Siapa yang Harus Ditemui & Jenis Pengobatan yang Tersedia

Pasien yang menderita sinusitis dapat ditangani oleh dokter umum. Pertama, dokter akan melakukan pemeriksaan fisik, termasuk mengukur suhu tubuh, merasakan struktur wajah, atau mencari tanda-tanda sinusitis pada tubuh, seperti bercak merah atau cairan hidung yang berwarna hijau. Ia juga dapat memeriksa riwayat kesehatan pasien, terutama apabila pasien telah didiagnosis menderita flu atau pilek sebelum gejala sinusitis terjadi.

Dokter juga dapat menggunakan senter kecil untuk memeriksa sinus. Apabila sinus sulit dilihat, ia dapat memasukkan endoskop, tabung kecil yang fleksibel dan memiliki cahaya dan kamera di ujungnya, sehingga ia dapat melihat kondisi di dalam rongga hidung melalui layar.

Tergantung pada diagnosis yang dihasilkan, pasien dapat diberi obat-obatan.
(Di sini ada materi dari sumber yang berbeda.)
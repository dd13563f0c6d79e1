-- ===== src/EpollServer/Runs.antt =====
-- The server from its start on, as the receive tasks and the send tasks of the sockets and the frame
-- tasks of the workers run on it one after the other.
use mathlib.Core.Option.{some-injective}
use cmdtran.Common.{ℕ, ◌≡◌, ◌<◌, sym, ap, ◌∙◌, subst, Bool, some}
use cmdtran.RecvDataProc.{RecvDataProc, process_task}
use cmdtran.RecvDataProc.Service.{FrameProcTask}
use cmdtran.RecvDataProc.Receive.{Steps-IsValid, start, more, process, own}
use cmdtran.RecvDataProc.Calls.{process_task-Keeps}
use cmdtran.EpollServer.Interface.{Kernel, Network, Reads}
use cmdtran.EpollServer.{EpollServer}
use cmdtran.EpollServer.Serves.{serves, serves-Reading}
use cmdtran.EpollServer.Kept.{Sound, serves-Keeps}
use cmdtran.EpollServer.RecvTask.{Event, process_recv_ents}
use cmdtran.EpollServer.Receives.{Serving, same_flags}
use cmdtran.EpollServer.SendTask.{process_send_task}
use cmdtran.EpollServer.Sends.{process_send_task-Kept}
use cmdtran.EpollServer.Events.{Valid, Fresh, process_recv_ents-Returns}

module _ (kernel : Kernel) (network : Network kernel) (reads : Reads network) (n : ℕ) where
  open kernel use {State}
  open network use {close}
  open reads use {pending}

  -- The tasks that ran, in the order in which they ran.
  pub data Runs (p₀ : RecvDataProc (EpollServer State))
      : RecvDataProc (EpollServer State) → Type 0 where
    begin : Runs p₀ p₀
    event :
        (fuel listen camera : ℕ) (ev : Event) (p p' : RecvDataProc (EpollServer State))
        (done : Bool)
        → Runs p₀ p
        → pending ev.fd p.server.kernel < fuel
        → Fresh kernel network reads n listen ev p
        → process_recv_ents kernel network fuel listen camera ev p ≡ some (done, p')
        → Runs p₀ p'
    task :
        (t : FrameProcTask) (p : RecvDataProc (EpollServer State))
        → Runs p₀ p
        → Runs p₀ (process_task (serves kernel close) t p)
    -- A send task that ended: at a node that was sent whole it faults, and the run stops.
    send_task :
        (fuel sock : ℕ) (p : RecvDataProc (EpollServer State)) (e : EpollServer State)
        → Runs p₀ p
        → process_send_task kernel fuel sock p.server ≡ some e
        → Runs p₀ (record p { server = e })

  Runs-Serving :
      (p₀ p : RecvDataProc (EpollServer State))
      → Valid kernel network reads n p₀
      → Sound n p₀.server
      → Runs p₀ p
      → Serving kernel network reads n p₀ p
  Runs-Serving p₀ _ valid ok begin = (start, ok)
  Runs-Serving p₀ _ valid ok (event fuel listen camera ev p p' done before few fresh returns) =
      let now = Runs-Serving p₀ p valid ok before in
      let (done', q, returns', now') =
        process_recv_ents-Returns kernel network reads n p₀ valid fuel listen camera ev p now few
          fresh in
      subst (Serving kernel network reads n p₀)
        (ap (λ (x : Bool × RecvDataProc (EpollServer State)). x.1)
          (some-injective (done', q) (done, p') (sym returns' ∙ returns)))
        now'
  Runs-Serving p₀ _ valid ok (task t p before) =
      let (steps, sound) = Runs-Serving p₀ p valid ok before in
      (
        more p _ steps (process t),
        (process_task-Keeps (serves kernel close) (λ e. Sound n e × Unit)
            (serves-Keeps kernel n close (λ s. Unit) (λ k b s h. h) (λ k s h. h)) t p
            (sound, tt)).0,
      )
  Runs-Serving p₀ _ valid ok (send_task fuel sock p e before returns) =
      let (steps, sound) = Runs-Serving p₀ p valid ok before in
      let (sound', flags) = process_send_task-Kept kernel n fuel sock p.server e sound returns in
      (
        more p _ steps
            (own e (λ j c found. same_flags kernel network reads n p₀ j e p.server (flags j))),
        sound',
      )

  -- From a server that is in order with all its parts, every run of receive tasks, frame
  -- tasks and send tasks that end leaves it in order.
  pub Runs_lem :
      (p₀ p : RecvDataProc (EpollServer State))
      → Valid kernel network reads n p₀
      → Sound n p₀.server
      → Runs p₀ p
      → Valid kernel network reads n p × Sound n p.server
  Runs_lem p₀ p valid ok runs =
      let (steps, sound) = Runs-Serving p₀ p valid ok runs in
      (Steps-IsValid (serves kernel close) (serves-Reading kernel close) p₀ p valid steps, sound)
Apabila setelah pengobatan selesai dan sinusitis belum sembuh atau bertambah parah, dokter umum dapat menyarankan pasien untuk menemui dokter THT (telinga, hidung, dan tenggorokan) untuk menjalani pemeriksaan lebih lanjut.

Pengobatan untuk sinusitis antara lain adalah:

  • Obat semprot dekongestan, yang sebaiknya digunakan untuk sinusitis akut; tidak boleh digunakan sampai lebih dari seminggu
  • Antibiotik, apabila sinusitis disebabkan oleh bakteri
  • Larutan saline, untuk menghilangkan mukus yang tebal
  • Antihistamin, terutama apabila mukus disertai dengan rhinitis
  • Operasi, apabila sinusitis disebabkan oleh kelainan bawaan

Sinusitis dapat dicegah dengan:

  • Sering mencuci tangan
  • Memakai disinfektan pada tangan
  • Vaksinasi flu
    Rujukan:

  • O'Handley, Tobin EJ, Shah AR. Otorhinolaryngology. In: Rakel RE, ed. Textbook of Family Medicine. 8th ed. Philadelphia, PA: Saunders Elsevier; 2011:chap 19.

  • Cincinnati Children's Hospital Medical Center. Evidence-based care guideline for management of acute bacterial sinusitis in children 1 to 18 years of age. Cincinnati (OH): Cincinnati Children's Hospital Medical Center; 2006.

  • Chow AW, Benninger MS, Brook I, Brozek JL, Goldstein EJ, Hicks LA, et al. IDSA clinical practice guideline for acute bacterial rhinosinusitis in children and adults. Clin Infect Dis. 2012; 54:e72-e112.

  • Rosenfeld RM, Andes D, Bhattacharyya N, Cheung D, Eisenberg S, Ganiats TG, et al. Clinical practice guideline: adult sinusitis. Otolaryngol Head Neck Surg. 2007;137:S1-S31.